==== Data records ====

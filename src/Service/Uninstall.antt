-- ===== src/Service/Uninstall.antt =====
-- src/service.rs: the removal of a service on Linux, with its protected binary.
use wakezilla.Prelude.{Bool, true, Option, none, some}
use wakezilla.Service.Disk.{
  Node, Io, ◌>>◌, pure, fail, ensure, perform, unchanged, file, directory, special,
  parent_not_directory, inspecting_directory, no_descriptor, configuring,
}
use wakezilla.Service.Install.{remove_unix_protected_binary_at}

-- The binary is looked for in a real directory only. Without the directory there is nothing to do.
unfoldable pub remove_below : Option Node → Io (Unit {0})
unfolding remove_unix_protected_binary_at
remove_below none = pure tt
remove_below (some (directory m)) = remove_unix_protected_binary_at true 0 0
remove_below (some (file f)) = fail parent_not_directory
remove_below (some special) = fail parent_not_directory

unfoldable pub remove_protected_service_binary : Io (Unit {0})
unfolding remove_below
remove_protected_service_binary = do
  perform inspecting_directory unchanged
  λ d. remove_below d.parent d

-- uninstall. The errors of stopping and disabling the service are ignored; `descriptor_removed` and
-- `daemon_reload` tell whether the descriptor is gone and the manager has read its units again.
unfoldable pub uninstall : (descriptor_removed daemon_reload : Bool) → Io (Unit {0})
unfolding remove_protected_service_binary
uninstall descriptor_removed daemon_reload = do
  ensure descriptor_removed no_descriptor
  ensure daemon_reload configuring
  remove_protected_service_binary
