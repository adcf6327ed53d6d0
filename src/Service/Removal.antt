-- ===== src/Service/Removal.antt =====
-- src/service.rs: which binary the removal of a service takes away.
use wakezilla.Prelude.{
  is_some, ◌≡◌, refl, sym, ap, ◌∙◌, subst, ◌⊎◌, inl, inr, Bool, true, false, Option, none, some,
  arith, ◌%◌,
}
use wakezilla.Service.Disk.{
  Node, Disk, unchanged, is_protected_file, file, directory, special, inspecting_destination,
  parent_not_directory, removing, removing_directory, inspecting_directory, no_descriptor,
  foreign_binary, configuring, File, is_protected,
}
use wakezilla.Service.Binary.{without_empty_parent, remove_parent}
use wakezilla.Service.Rules.{Ends, Ends-bind, perform-Ends, ensure-Ends, returns, raises}
use wakezilla.Service.Install.{remove_found, remove_parent_when, remove_unix_protected_binary_at}
use wakezilla.Service.Uninstall.{remove_below, remove_protected_service_binary, uninstall}

-- A regular file of root's with mode 0755, but for the bits above the permissions.
abbrev pub IsRoots : Option Node → Type 0
IsRoots found =
    (f : File) × (found ≡ some (file f))
    × (f.metadata.uid ≡ 0)
    × (f.metadata.gid ≡ 0)
    × (f.metadata.mode % 0o1000 ≡ 0o755)

is_protected_file-IsRoots :
    (found : Option Node) → is_protected_file 0 0 found ≡ true → IsRoots found
unfolding is_protected_file is_protected
is_protected_file-IsRoots none h = cc
is_protected_file-IsRoots (some (directory m)) h = cc
is_protected_file-IsRoots (some special) h = cc
is_protected_file-IsRoots (some (file f)) h = (f, refl, ground arith, ground arith, ground arith)

abbrev pub Removable : Option Node → Type 0
Removable found = (found ≡ none) ⊎ IsRoots found

-- The entry is gone, and it was removable.
abbrev pub Gone : Option Node → Disk → Type 0
Gone found d = (d.destination ≡ none) × Removable found

abbrev pub KeptOrGone : Option Node → Disk → Type 0
KeptOrGone found d = (d.destination ≡ found) ⊎ Gone found d

remove_found-Gone :
    (found : Option Node) (d : Disk)
    → d.destination ≡ found
    → Ends (λ _. Gone found) (λ _. KeptOrGone found) (remove_found 0 0 found d)
unfolding remove_found
remove_found-Gone none d h = returns tt d (h, inl refl)
remove_found-Gone (some node) d h =
    Ends-bind _
      (ensure-Ends
        {P = λ _ d'. (d'.destination ≡ some node) × (is_protected_file 0 0 (some node) ≡ true)} _
        foreign_binary d (inl h) (λ e. (h, e)))
      λ _ d1 h1.
        perform-Ends removing _ d1 (inl h1.0)
          (refl, inr (is_protected_file-IsRoots (some node) h1.1))

without_empty_parent-destination : (d : Disk) → (without_empty_parent d).destination ≡ d.destination
unfolding without_empty_parent
without_empty_parent-destination d = ground arith

remove_parent_when-Gone :
    (found : Option Node) (made : Bool) (d : Disk)
    → Gone found d
    → Ends (λ _. Gone found) (λ _. KeptOrGone found) (remove_parent_when made d)
unfolding remove_parent_when remove_parent
remove_parent_when-Gone found true d h =
    perform-Ends removing_directory without_empty_parent d (inr h)
      (without_empty_parent-destination d ∙ h.0, h.1)
remove_parent_when-Gone found false d h = returns tt d h

remove_unix_protected_binary_at-Gone :
    (found : Option Node) (d : Disk)
    → d.destination ≡ found
    → Ends (λ _. Gone found) (λ _. KeptOrGone found) (remove_unix_protected_binary_at true 0 0 d)
unfolding remove_unix_protected_binary_at
remove_unix_protected_binary_at-Gone found d h =
    Ends-bind _
      (perform-Ends {P = λ _ d'. d'.destination ≡ found} inspecting_destination unchanged d (inl h)
        h)
      λ _ d1 h1.
        Ends-bind _
          (subst (λ x. Ends (λ _. Gone found) (λ _. KeptOrGone found) (remove_found 0 0 x d1))
            (sym h1) (remove_found-Gone found d1 h1))
          λ _ d2 h2. remove_parent_when-Gone found true d2 h2

-- A directory that is not there holds no binary.
abbrev pub IsRooted : Disk → Type 0
IsRooted d = (is_some d.parent ≡ true) ⊎ (d.destination ≡ none)

remove_below-Gone :
    (found parent : Option Node) (d : Disk)
    → d.destination ≡ found
    → (is_some parent ≡ true) ⊎ (found ≡ none)
    → Ends (λ _. Gone found) (λ _. KeptOrGone found) (remove_below parent d)
unfolding remove_below
remove_below-Gone found none d h (inl there) = cc
remove_below-Gone found none d h (inr nothing) = returns tt d (h ∙ nothing, inl nothing)
remove_below-Gone found (some (directory m)) d h there =
    remove_unix_protected_binary_at-Gone found d h
remove_below-Gone found (some (file f)) d h there = raises parent_not_directory d (inl h)
remove_below-Gone found (some special) d h there = raises parent_not_directory d (inl h)

-- The removal of a service, whatever calls fail, where a directory that is not there holds no binary:
-- after a success there is no binary in its place, and
-- there was none before or one of root's with mode 0755. After an error the binary is as it was, or it
-- was such a one and is gone. Any other file is never removed.
pub uninstall-Gone :
    (descriptor_removed daemon_reload : Bool) (d : Disk)
    → IsRooted d
    → Ends
        (λ _. Gone d.destination)
        (λ _. KeptOrGone d.destination)
        (uninstall descriptor_removed daemon_reload d)
unfolding uninstall remove_protected_service_binary
uninstall-Gone descriptor_removed daemon_reload d rooted =
    Ends-bind _
      (ensure-Ends {P = λ _ d'. d' ≡ d} descriptor_removed no_descriptor d (inl refl) (λ _. refl))
      λ _ d1 h1.
        Ends-bind _
          (ensure-Ends {P = λ _ d'. d' ≡ d} daemon_reload configuring d1
            (inl (ap (λ (x : Disk). x.destination) h1)) (λ _. h1))
          λ _ d2 h2.
            Ends-bind _
              (perform-Ends {P = λ _ d'. (d'.destination ≡ d.destination) × (d'.parent ≡ d.parent)}
                inspecting_directory unchanged d2 (inl (ap (λ (x : Disk). x.destination) h2))
                (ap (λ (x : Disk). x.destination) h2, ap (λ (x : Disk). x.parent) h2))
              λ _ d3 h3. remove_below-Gone d.destination d3.parent d3 h3.0 (elim rooted [
                | inl there ↦ inl (ap is_some h3.1 ∙ there)
                | inr nothing ↦ inr nothing
              ])
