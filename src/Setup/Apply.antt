-- ===== src/Setup/Apply.antt =====
-- src/setup.rs: the configuration that a setup writes, and the order of its effects.
use wakezilla.Prelude.{
  if◌then◌else◌, is_some, unwrap_or, str_eq, trim, is_lowercase_of, Result, ok, err, ℕ, String,
  Bool, true, false, not, ◌&&◌, ◌||◌, Option, none, some, List, [], ◌∷◌,
}
use wakezilla.ShutdownAuth.{Crypto, validate_key, KeyError}
use wakezilla.Config.{
  default_machines_db_path, default_access_history_path, Config, default_config, data_path,
  config_path, Entry, Writing, WriteError, save_to,
}
use wakezilla.Service.{Mode, from_str_opt, mode_eq, proxy, client}
use wakezilla.Setup.{
  SetupArgs, Event, Outcome, new_wizard, wizard_loop, continues, chosen, cancelled,
}

pub data SetupError : Type 0 where
  not_elevated unknown_mode cancelled_setup key_without_client : SetupError
  no_executable invalid_key not_saved install_failed : SetupError
  aborted no_confirmation : SetupError

-- What a setup meets: the system, the configuration on disk, and the libraries.
pub record Host : Type 0 where
  pub current_exe : Option String
  pub path_exists : Bool
  pub installed_modes : List Mode
  pub load_from : Option Config
  pub crypto : Crypto
  pub to_string_pretty : Config → Option (List ℕ)
  pub writing : Writing
  pub install : Mode → String → ℕ → Bool

abbrev is_empty : List Mode → Bool
is_empty [] = true
is_empty (m ∷ modes) = false

unfoldable pub with_port : Mode → ℕ → Config → Config
with_port proxy port cfg = record cfg { server = record (cfg.server) { proxy_port = port } }
with_port client port cfg = record cfg { server = record (cfg.server) { client_port = port } }

unfoldable pub with_storage : Config → (machines_db_path access_history_path : String) → Config
with_storage cfg machines history = record cfg {
  storage = record (cfg.storage) { machines_db_path = machines; access_history_path = history };
}

-- build_config
unfoldable pub build_config : Mode → (port : ℕ) → Config
unfolding with_port with_storage data_path
build_config mode port =
    with_storage (with_port mode port default_config) (data_path default_machines_db_path)
      (data_path default_access_history_path)

-- A default path is made absolute.
unfoldable pub absolute : (path default : String) → String
unfolding data_path
absolute path default = if str_eq path default then data_path default else path

unfoldable pub absolute_storage : Config → Config
unfolding with_storage absolute
absolute_storage cfg =
    with_storage cfg (absolute cfg.storage.machines_db_path default_machines_db_path)
      (absolute cfg.storage.access_history_path default_access_history_path)

unfoldable pub existing_config : Host → Mode → ℕ → Config
unfolding build_config
existing_config host mode port =
    if host.path_exists
    then unwrap_or host.load_from (build_config mode port)
    else build_config mode port

unfoldable pub accept_key :
    (key : String) → Config → Result (Unit {0}) KeyError → Result Config SetupError
accept_key key cfg (ok valid) =
    ok (record cfg { security = record { client_shutdown_key = some key } })
accept_key key cfg (err e) = err invalid_key

-- The key of a client. It is checked before anything is written.
unfoldable pub with_key : Crypto → Mode → Option String → Config → Result Config SetupError
unfolding accept_key
with_key crypto client (some key) cfg = accept_key key cfg (validate_key crypto key)
with_key crypto client none cfg = ok cfg
with_key crypto proxy key cfg = ok cfg

unfoldable pub with_absolute_storage : Result Config SetupError → Result Config SetupError
unfolding absolute_storage
with_absolute_storage (ok cfg) = ok (absolute_storage cfg)
with_absolute_storage (err e) = err e

-- The configuration that apply_with_key saves.
unfoldable pub planned_config : Host → Mode → ℕ → Option String → Result Config SetupError
unfolding existing_config with_port with_key with_absolute_storage
planned_config host mode port key =
    with_absolute_storage
      (with_key host.crypto mode key (with_port mode port (existing_config host mode port)))

-- The file of the configuration, the services that were installed, and the result.
abbrev pub Effects : Type 0
Effects = Entry × List (Mode × String × ℕ) × Result String SetupError

unfoldable pub install_saved :
    Host → Mode → ℕ → (exe : String) → Entry × Result (Unit {0}) WriteError → Effects
install_saved host mode port exe (file, ok done) = (
  file,
  (mode, exe, port) ∷ [],
  if host.install mode exe port then ok config_path else err install_failed,
)
install_saved host mode port exe (file, err e) = (file, [], err not_saved)

unfoldable pub save_planned :
    Host → Mode → ℕ → (exe : String) → Entry → Result Config SetupError → Effects
unfolding save_to install_saved
save_planned host mode port exe file (ok cfg) =
    install_saved host mode port exe (save_to host.to_string_pretty host.writing file cfg)
save_planned host mode port exe file (err e) = (file, [], err e)

unfoldable pub apply_from : Host → Mode → ℕ → Option String → Entry → Option String → Effects
unfolding planned_config save_planned
apply_from host mode port key file none = (file, [], err no_executable)
apply_from host mode port key file (some exe) =
    save_planned host mode port exe file (planned_config host mode port key)

-- apply_with_key
unfoldable pub apply_with_key : Host → Mode → ℕ → Option String → Entry → Effects
unfolding apply_from
apply_with_key host mode port key file = apply_from host mode port key file host.current_exe

-- The mode and the port of the command line, or of the wizard where one of them is missing.
unfoldable pub of_wizard : Outcome → Result (Mode × ℕ) SetupError
of_wizard (continues w) = err cancelled_setup
of_wizard (chosen mode port) = ok (mode, port)
of_wizard cancelled = err cancelled_setup

unfoldable pub target : SetupArgs → List Event → Result (Mode × ℕ) SetupError
unfolding of_wizard wizard_loop new_wizard from_str_opt
target args events = elim args.mode [
  | some text ↦ elim args.port [
    | some port ↦ elim (from_str_opt text) [ some mode ↦ ok (mode, port) | none ↦ err unknown_mode ]
    | none ↦ of_wizard (wizard_loop (new_wizard args) events)
  ]
  | none ↦ of_wizard (wizard_loop (new_wizard args) events)
]

-- Whether there is something for existing_summary to tell.
unfoldable pub exists_already : Host → Bool
exists_already host = not (is_empty host.installed_modes) || host.path_exists

unfoldable pub is_agreement : (input : List ℕ) → Bool
unfolding trim is_lowercase_of
is_agreement input = is_lowercase_of (trim input) "y" || is_lowercase_of (trim input) "yes"

unfoldable pub answered : Option (List ℕ) → Result Bool SetupError
unfolding is_agreement
answered none = err no_confirmation
answered (some input) = ok (is_agreement input)

-- confirm_overwrite. `answer` is the line that the operator enters, `none` where it cannot be read.
unfoldable pub confirm_overwrite : Host → (answer : Option (List ℕ)) → Result Bool SetupError
unfolding exists_already answered
confirm_overwrite host answer = if exists_already host then answered answer else ok true

unfoldable pub confirmation : SetupArgs → Host → (answer : Option (List ℕ)) → Result Bool SetupError
unfolding confirm_overwrite
confirmation args host answer = if args.yes_flag then ok true else confirm_overwrite host answer

unfoldable pub run_confirmed :
    SetupArgs → Host → Entry → Mode → ℕ → Result Bool SetupError → Effects
unfolding apply_with_key mode_eq
run_confirmed args host file mode port (ok true) =
    if is_some args.key && not (mode_eq mode client)
    then (file, [], err key_without_client)
    else apply_with_key host mode port args.key file
run_confirmed args host file mode port (ok false) = (file, [], err aborted)
run_confirmed args host file mode port (err e) = (file, [], err e)

unfoldable pub run_target :
    SetupArgs → (answer : Option (List ℕ)) → Host → Entry → Result (Mode × ℕ) SetupError → Effects
unfolding confirmation run_confirmed
run_target args answer host file (ok (mode, port)) =
    run_confirmed args host file mode port (confirmation args host answer)
run_target args answer host file (err e) = (file, [], err e)

-- setup::run
unfoldable pub run :
    SetupArgs
    → (is_elevated : Bool) (answer : Option (List ℕ)) → List Event
    → Host
    → Entry
    → Effects
unfolding target run_target
run args is_elevated answer events host file =
    if is_elevated
    then run_target args answer host file (target args events)
    else (file, [], err not_elevated)
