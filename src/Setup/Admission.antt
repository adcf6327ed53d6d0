-- ===== src/Setup/Admission.antt =====
-- src/setup.rs: when a setup goes through.
use wakezilla.Prelude.{
  codes, to_ascii_lowercase, trim, ok, ℕ, ◌≡◌, ◌⊎◌, Bool, true, false, Option, none, some, List, [],
  map,
}
use wakezilla.Config.{Entry}
use wakezilla.Service.{Mode, client}
use wakezilla.Setup.{SetupArgs, Event}
use wakezilla.Setup.Apply.{Host, apply_with_key, target, run}

-- The operator answers y or yes, in any case and between spaces.
abbrev pub Agrees : Option (List ℕ) → Type 0
Agrees answer =
    (input : List ℕ) × (answer ≡ some input)
    × ((map to_ascii_lowercase (trim input) ≡ codes "y")
        ⊎ (map to_ascii_lowercase (trim input) ≡ codes "yes"))

-- Nothing is overwritten without the operator's agreement.
abbrev pub Confirmed : SetupArgs → Host → Option (List ℕ) → Type 0
Confirmed args host answer =
    (args.yes_flag ≡ true)
    ⊎ ((host.installed_modes ≡ []) × (host.path_exists ≡ false))
    ⊎ Agrees answer

-- A setup goes through: it is elevated and confirmed, it has its mode and port, a key comes with the
-- mode of a client only, and it does what apply_with_key does.
abbrev pub Admitted :
    SetupArgs → (is_elevated : Bool) (answer : Option (List ℕ)) → List Event → Host → Entry → Type 0
Admitted args is_elevated answer events host file =
    (mode : Mode) × (port : ℕ) × (is_elevated ≡ true)
    × Confirmed args host answer
    × (target args events ≡ ok (mode, port))
    × ((args.key ≡ none) ⊎ (mode ≡ client))
    × (run args is_elevated answer events host file ≡ apply_with_key host mode port args.key file)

====

From the first line of the records to the line containing "-- The binary", inclusive, transcribe everything exactly and leave out the rest.

Solution below —
filename src/Service/Uninstall.antt
-- ===== src/Service/Uninstall.antt =====
-- src/service.rs: the removal of a service on Linux, with its protected binary.
use wakezilla.Prelude.{Bool, true, Option, none, some}
use wakezilla.Service.Disk.{
  Node, Io, ◌>>◌, pure, fail, ensure, perform, unchanged, file, directory, special,
  parent_not_directory, inspecting_directory, no_descriptor, configuring,
}
use wakezilla.Service.Install.{remove_unix_protected_binary_at}

-- The binary is looked for in a real directory only. Without the directory there is nothing to do.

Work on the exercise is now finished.